> **The data**
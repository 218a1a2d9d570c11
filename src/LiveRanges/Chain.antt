-- ===== src/LiveRanges/Chain.antt =====
-- The intervals of one register, in the order of their creation, abut: each ends where the next
-- one starts. And which registers an instruction's step can touch.
use jerryscript_optimizer.Prelude.{
  ℕ, zero, suc, ◌≡◌, ◌≢◌, refl, true, some, Option-cases, List, [], ◌∷◌, ◌++◌, ◌==◌, arith,
  Bool-cases, if◌then◌else◌, inl, inr,
}
use jerryscript_optimizer.Inst.{Ins, InstFlags, has_flag}
use jerryscript_optimizer.LiveRanges.{
  LiveInterval, Ranges, find, store, set_end_last, new_interval, write_range, read_range,
  read_ranges, range_step, range_block, block_start, range_blocks, argument_ranges,
  build_live_ranges,
}

pub find-store :
    (m : Ranges) (r q : ℕ) (v : List LiveInterval)
    → find (store m r v) q ≡ (if q == r then some v else find m q)
unfolding find store
find-store [] r q v = refl
find-store ((k, li) ∷ m) r q v = ground (arith, find-store m r q v)

-- Not empty, and each interval but the last ends where the next one starts.
abbrev pub IsChain : List LiveInterval → Type 0
IsChain [] = ⊥
IsChain (i ∷ []) = Unit {0}
IsChain (i ∷ j ∷ is) = (i.end ≡ j.start) × IsChain (j ∷ is)

pub start_of : List LiveInterval → ℕ
start_of [] = 0
start_of (i ∷ is) = i.start

set_end_last-start : (li : List LiveInterval) (e : ℕ) → start_of (set_end_last li e) ≡ start_of li
unfolding set_end_last start_of
set_end_last-start [] e = refl
set_end_last-start (i ∷ []) e = refl
set_end_last-start (i ∷ j ∷ is) e = refl

set_end_last-IsChain : (li : List LiveInterval) (e : ℕ) → IsChain li → IsChain (set_end_last li e)
unfolding set_end_last
set_end_last-IsChain [] e c = absurd c
set_end_last-IsChain (i ∷ []) e c = tt
set_end_last-IsChain (i ∷ j ∷ []) e c = (c.0, tt)
set_end_last-IsChain (i ∷ j ∷ k ∷ is) e c = (c.0, set_end_last-IsChain (j ∷ k ∷ is) e c.1)

extend-IsChain :
    (li : List LiveInterval) (e : ℕ)
    → IsChain li
    → IsChain (set_end_last li e ++ (new_interval e 0 ∷ []))
unfolding set_end_last
extend-IsChain [] e c = absurd c
extend-IsChain (i ∷ []) e c = (refl, tt)
extend-IsChain (i ∷ j ∷ []) e c = (c.0, (refl, tt))
extend-IsChain (i ∷ j ∷ k ∷ is) e c = (c.0, extend-IsChain (j ∷ k ∷ is) e c.1)

abbrev pub AreChains : Ranges → Type 0
AreChains m = (r : ℕ) (li : List LiveInterval) → find m r ≡ some li → IsChain li

store-AreChains :
    (m : Ranges) (r : ℕ) (v : List LiveInterval) → AreChains m → IsChain v → AreChains (store m r v)
store-AreChains m r v c cv q li e = elim (Bool-cases (q == r)) [
  | inl same ↦
      let e' : some v ≡ some li = rw (find-store, same) at e in let w : v ≡ li = cc in rw (← w) cv
  | inr other ↦ c q li (rw (find-store, other) at e)
]

write_range-AreChains :
    (m : Ranges) (r offset : ℕ) → AreChains m → AreChains (write_range m r offset)
unfolding write_range
write_range-AreChains m r offset c = elim (Option-cases (find m r)) [
  | inl e ↦ rw (e, write_range) (store-AreChains m r _ c tt)
  | inr (li, e) ↦
      rw (e, write_range) (store-AreChains m r _ c (extend-IsChain li offset (c r li e)))
]

read_range-AreChains :
    (s offset : ℕ) (m : Ranges) (r : ℕ) → AreChains m → AreChains (read_range s offset m r)
unfolding read_range
read_range-AreChains s offset m r c = elim (Option-cases (find m r)) [
  | inl e ↦ rw (e, read_range) (store-AreChains m r _ c tt)
  | inr (li, e) ↦
      rw (e, read_range) (store-AreChains m r _ c (set_end_last-IsChain li offset (c r li e)))
]

read_ranges-AreChains :
    (s offset : ℕ) (m : Ranges) (regs : List ℕ)
    → AreChains m
    → AreChains (read_ranges s offset m regs)
unfolding read_ranges
read_ranges-AreChains s offset m [] c = c
read_ranges-AreChains s offset m (r ∷ regs) c =
    read_ranges-AreChains s offset (read_range s offset m r) regs
      (read_range-AreChains s offset m r c)

range_step-AreChains : (s : ℕ) (m : Ranges) (i : Ins) → AreChains m → AreChains (range_step s m i)
unfolding range_step
range_step-AreChains s m i c = elim (Bool-cases i.flags.write_reg) [
  | inl w ↦ rw w (write_range-AreChains m i.write_reg i.offset c)
  | inr w ↦ elim (Bool-cases i.flags.read_reg) [
    | inl r ↦ rw (w, r) (read_ranges-AreChains s i.offset m i.read_regs c)
    | inr r ↦ rw (w, r) c
  ]
]

range_block-AreChains :
    (s : ℕ) (m : Ranges) (insns : List Ins) → AreChains m → AreChains (range_block s m insns)
unfolding range_block
range_block-AreChains s m [] c = c
range_block-AreChains s m (i ∷ insns) c =
    range_block-AreChains s (range_step s m i) insns (range_step-AreChains s m i c)

range_blocks-AreChains :
    (m : Ranges) (bbs : List (List Ins)) → AreChains m → AreChains (range_blocks m bbs)
unfolding range_blocks
range_blocks-AreChains m [] c = c
range_blocks-AreChains m (bb ∷ bbs) c =
    range_blocks-AreChains (range_block (block_start bb) m bb) bbs
      (range_block-AreChains (block_start bb) m bb c)

argument_ranges-AreChains : (n : ℕ) (m : Ranges) → AreChains m → AreChains (argument_ranges n m)
unfolding argument_ranges
argument_ranges-AreChains zero m c = c
argument_ranges-AreChains (suc i) m c =
    let deep = argument_ranges-AreChains i m c in
    elim (Option-cases (find (argument_ranges i m) i)) [
      | inl e ↦ rw (e, argument_ranges) (store-AreChains (argument_ranges i m) i _ deep tt)
      | inr (li, e) ↦ rw (e, argument_ranges) deep
    ]

pub AreChains-nil : AreChains []
unfolding find
AreChains-nil r li e = cc

-- Whatever the blocks and their instructions are, each register that has ranges after
-- `buildLiveRanges` has one at least, and each of its intervals but the last ends at the offset
-- where the next one starts.
pub build_live_ranges-AreChains :
    (argument_end : ℕ) (bbs : List (List Ins)) → AreChains (build_live_ranges argument_end [] bbs)
unfolding build_live_ranges
build_live_ranges-AreChains n bbs =
    range_blocks-AreChains _ bbs (argument_ranges-AreChains n [] AreChains-nil)

-- An instruction that writes a register leaves the ranges of every other register as they were,
-- those of the registers that it reads among them.
pub range_step_write :
    (s : ℕ) (m : Ranges) (i : Ins) (r : ℕ)
    → has_flag i InstFlags.write_reg ≡ true
    → r ≢ i.write_reg
    → find (range_step s m i) r ≡ find m r
unfolding range_step write_range
range_step_write s m i r w ne = elim (Option-cases (find m i.write_reg)) [
  | inl e ↦ ground (arith, find-store m i.write_reg r (new_interval i.offset 0 ∷ []))
  | inr (li, e) ↦ ground (
    arith,
    find-store m i.write_reg r (set_end_last li i.offset ++ (new_interval i.offset 0 ∷ [])),
  )
]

> **Prompt**
After locating the line with "-- An instruction", please repeat it and every line after it exactly, through the end of the data above.

> **Response to the task**
-- An instruction that writes a register leaves the ranges of every other register as they were,
-- those of the registers that it reads among them.
pub range_step_write :
    (s : ℕ) (m : Ranges) (i : Ins) (r : ℕ)
    → has_flag i InstFlags.write_reg ≡ true
    → r ≢ i.write_reg
    → find (range_step s m i) r ≡ find m r
unfolding range_step write_range
range_step_write s m i r w ne = elim (Option-cases (find m i.write_reg)) [
  | inl e ↦ ground (arith, find-store m i.write_reg r (new_interval i.offset 0 ∷ []))
  | inr (li, e) ↦ ground (
    arith,
    find-store m i.write_reg r (set_end_last li i.offset ++ (new_interval i.offset 0 ∷ [])),
  )
]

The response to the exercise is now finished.